Ceny zbóż, notowania, aktualności

Mało zboża na rynku

Mało zboża na rynku
Na rynku zbóż utrzymuje się duży popyt, jednak podaż ziarna jest wciąż niewielka. Giełdy otrzymują więcej pytań o ceny i warunki transakcji, jednak przeważnie od tych, którzy chcą towar kupić.

Mijający, krótszy dla handlu giełdowego, tydzień nie przyniósł na rynku płodów rolnych istotnych zmian. Zakłady przetwórcze chcą skupić jak najwięcej ziarna, gdyż obawiają się, że za 3 - 4 miesiące o zboże może być trudniej, a ceny prawdopodobnie wzrosną. Za pszenicę konsumpcyjną dostarczoną do spichrza odbiorcy proponują - jak podaje Piotr Beśka z Eternus Brokers - od 570 do 590 zł za t, a za paszową od 530 do 540 zł t. Najbardziej poszukiwane jest żyto konsumpcyjne, za które młyny są gotowe płacić 430 - 440 zł za t w magazynie dostawcy.

Ci, którzy dysponują zbożem, obserwując wzrastający popyt, nierzadko wstrzymują się ze sprzedażą, spodziewając się podniesienia cen.
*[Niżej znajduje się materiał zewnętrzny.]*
-- ===== src/Mft/Fixup/Repairs.antt =====
-- One round of the fixup loop, position by position.
use file_recovery_engine.Prelude.{
  ℕ, suc, ◌+◌, ◌-◌, ◌*◌, ◌/◌, ◌%◌, ◌≤◌, ◌<◌, ◌≡◌, ◌≢◌, ◌⊎◌, refl, ◌∙◌, sym, arith, false, All, not,
  ◌||◌,
}
use file_recovery_engine.Prelude.{
  ltb, ◌==◌, length, get_elem?, set, length-set, get_elem?-set_self, get_elem?-set_ne,
}
use file_recovery_engine.Prelude.Outcome.{ok, bind-eq-ok, fail_if-eq-ok}
use file_recovery_engine.Prelude.Checked.{saturating_mul}
use file_recovery_engine.Prelude.Bytes.{Bytes, IsByte, IsSlice, get_range}
use file_recovery_engine.Mft.Fields.{read_u16}
use file_recovery_engine.Mft.Words.{read_u16_parts}
use file_recovery_engine.Mft.Fixup.{write_u16, fixup_sector}

read_u16-inside :
    (bytes : Bytes) (offset : ℕ) {v : ℕ} → read_u16 bytes offset ≡ ok v → offset + 2 ≤ length bytes
unfolding read_u16 get_range
read_u16-inside bytes offset e = ground arith

-- The position lies off the last two bytes of the sector.
abbrev pub Outside : ℕ → ℕ → ℕ → Type 0
Outside bps sector j = (j + 2 < sector * bps) ⊎ (sector * bps ≤ j)

module _ (record_bytes : Bytes) (bps offset count seq : ℕ) where
  -- One round, in plain terms.
  pub record Round (sector : ℕ) (fixed out : Bytes) : Type 0 where
    pub value : ℕ
    pub wide : 2 ≤ sector * bps
    pub inside : sector * bps ≤ length fixed
    pub current : read_u16 fixed (sector * bps - 2) ≡ ok seq
    pub entry : read_u16 record_bytes (offset + sector * 2) ≡ ok value
    pub written :
        set (set fixed (sector * bps - 2) (value % 256)) (sector * bps - 1) (value / 256 % 256)
        ≡ out

  Round-of_parts :
      (sector : ℕ) (fixed : Bytes) {out : Bytes} (end current value : ℕ)
      → saturating_mul sector bps ≡ end
      → IsSlice fixed
      → (ltb end 2 || ltb (length fixed) end) ≡ false
      → read_u16 fixed (end - 2) ≡ ok current
      → not (current == seq) ≡ false
      → read_u16 record_bytes (offset + sector * 2) ≡ ok value
      → write_u16 fixed (end - 2) value ≡ ok out
      → Round sector fixed out
  unfolding saturating_mul write_u16
  Round-of_parts sector fixed end current value e slice bounds at_tail same entry written =
      let whole : sector * bps ≡ end = ground arith in
      let exact : current ≡ seq = ground arith in
      let last : end - 2 + 1 ≡ end - 1 = ground arith in
      record {
        value = value;
        wide = ground arith;
        inside = ground arith;
        current = rw whole (rw exact at at_tail);
        entry = entry;
        written = rw whole (ground (arith, last));
      }

  pub fixup_sector-Round :
      (sector : ℕ) (fixed : Bytes) {out : Bytes}
      → IsSlice fixed
      → fixup_sector record_bytes bps offset count seq sector fixed ≡ ok out
      → Round sector fixed out
  unfolding fixup_sector
  fixup_sector-Round sector fixed slice e =
      let end = saturating_mul sector bps in
      let (bounds, e') = fail_if-eq-ok (ltb end 2 || ltb (length fixed) end) _ _ e in
      let (current, at_tail, f) = bind-eq-ok (read_u16 fixed (end - 2)) _ e' in
      let (same, f') = fail_if-eq-ok (not (current == seq)) _ _ f in
      let (value, entry, g) = bind-eq-ok (read_u16 record_bytes (offset + sector * 2)) _ f' in
      Round-of_parts sector fixed end current value refl slice bounds at_tail same entry g

  -- What one round changes, position by position.
  pub Round-low :
      {sector : ℕ} {fixed out : Bytes}
      → All IsByte record_bytes
      → Round sector fixed out
      → get_elem? out (sector * bps - 2) ≡ get_elem? record_bytes (offset + sector * 2)
  Round-low {sector = sector} {fixed = fixed} h r =
      let t = sector * bps - 2 in
      rw (← r.written) (
        get_elem?-set_ne (set fixed t (r.value % 256)) (sector * bps - 1) t (r.value / 256 % 256)
          (omega (arith, r.wide))
        ∙ get_elem?-set_self fixed t (r.value % 256) (omega (arith, r.wide, r.inside))
        ∙ sym (read_u16_parts record_bytes (offset + sector * 2) h r.entry).0)

  pub Round-high :
      {sector : ℕ} {fixed out : Bytes}
      → All IsByte record_bytes
      → Round sector fixed out
      → get_elem? out (sector * bps - 1) ≡ get_elem? record_bytes (suc (offset + sector * 2))
  Round-high {sector = sector} {fixed = fixed} h r =
      let t = sector * bps - 2 in
      rw (← r.written) (
        get_elem?-set_self (set fixed t (r.value % 256)) (sector * bps - 1) (r.value / 256 % 256)
          (omega (arith, r.wide, r.inside, length-set fixed t (r.value % 256)))
        ∙ sym (read_u16_parts record_bytes (offset + sector * 2) h r.entry).1)

  pub Round-kept :
      {sector : ℕ} {fixed out : Bytes} (j : ℕ)
      → Round sector fixed out
      → Outside bps sector j
      → get_elem? out j ≡ get_elem? fixed j
  Round-kept {sector = sector} {fixed = fixed} j r off =
      let t = sector * bps - 2 in
      let far : (t ≢ j) × (sector * bps - 1 ≢ j) = omega (arith, r.wide, off) in
      rw (← r.written) (
        get_elem?-set_ne (set fixed t (r.value % 256)) (sector * bps - 1) j (r.value / 256 % 256)
          far.1
        ∙ get_elem?-set_ne fixed t j (r.value % 256) far.0)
Albo już chcą dużo więcej niż przed tygodniem czy dwoma.

W piątek na Warszawskiej Giełdzie Towarowej bardzo szybko sprzedano 3 tys. t pszenicy oferowanej przez Towarowy Dom Maklerski z Lublina. Przy cenie wywoławczej 560 zł za t uzyskano bardzo wysokie notowania, w granicach 665 - 675 zł za t (średnia 670 zł t). To najlepszy dowód, że trzeba się liczyć ze wzrostem cen zbóż.

Ostatnio zdrożała także kukurydza, choć jest jej w tym roku dużo. Za to ziarno trzeba płacić od 535 do 540 zł za t, czyli o 20 - 25 zł więcej niż na początku miesiąca.

W listopadzie poszły w górę ceny śrut zbożowych. Sojowa oferowana jest po 1400 - 1500 zł za t, ale zainteresowanie przy tak wysokich cenach jest na razie niewielkie. Więcej chętnych jest na śrutę słonecznikową z Ukrainy, która także ostatnio podrożała. Stosunkowo mały jest natomiast popyt na otręby. I to zarówno na krajowe, jak i importowane. Ich ceny utrzymują się na niezmienionym poziomie albo minimalnie spadają.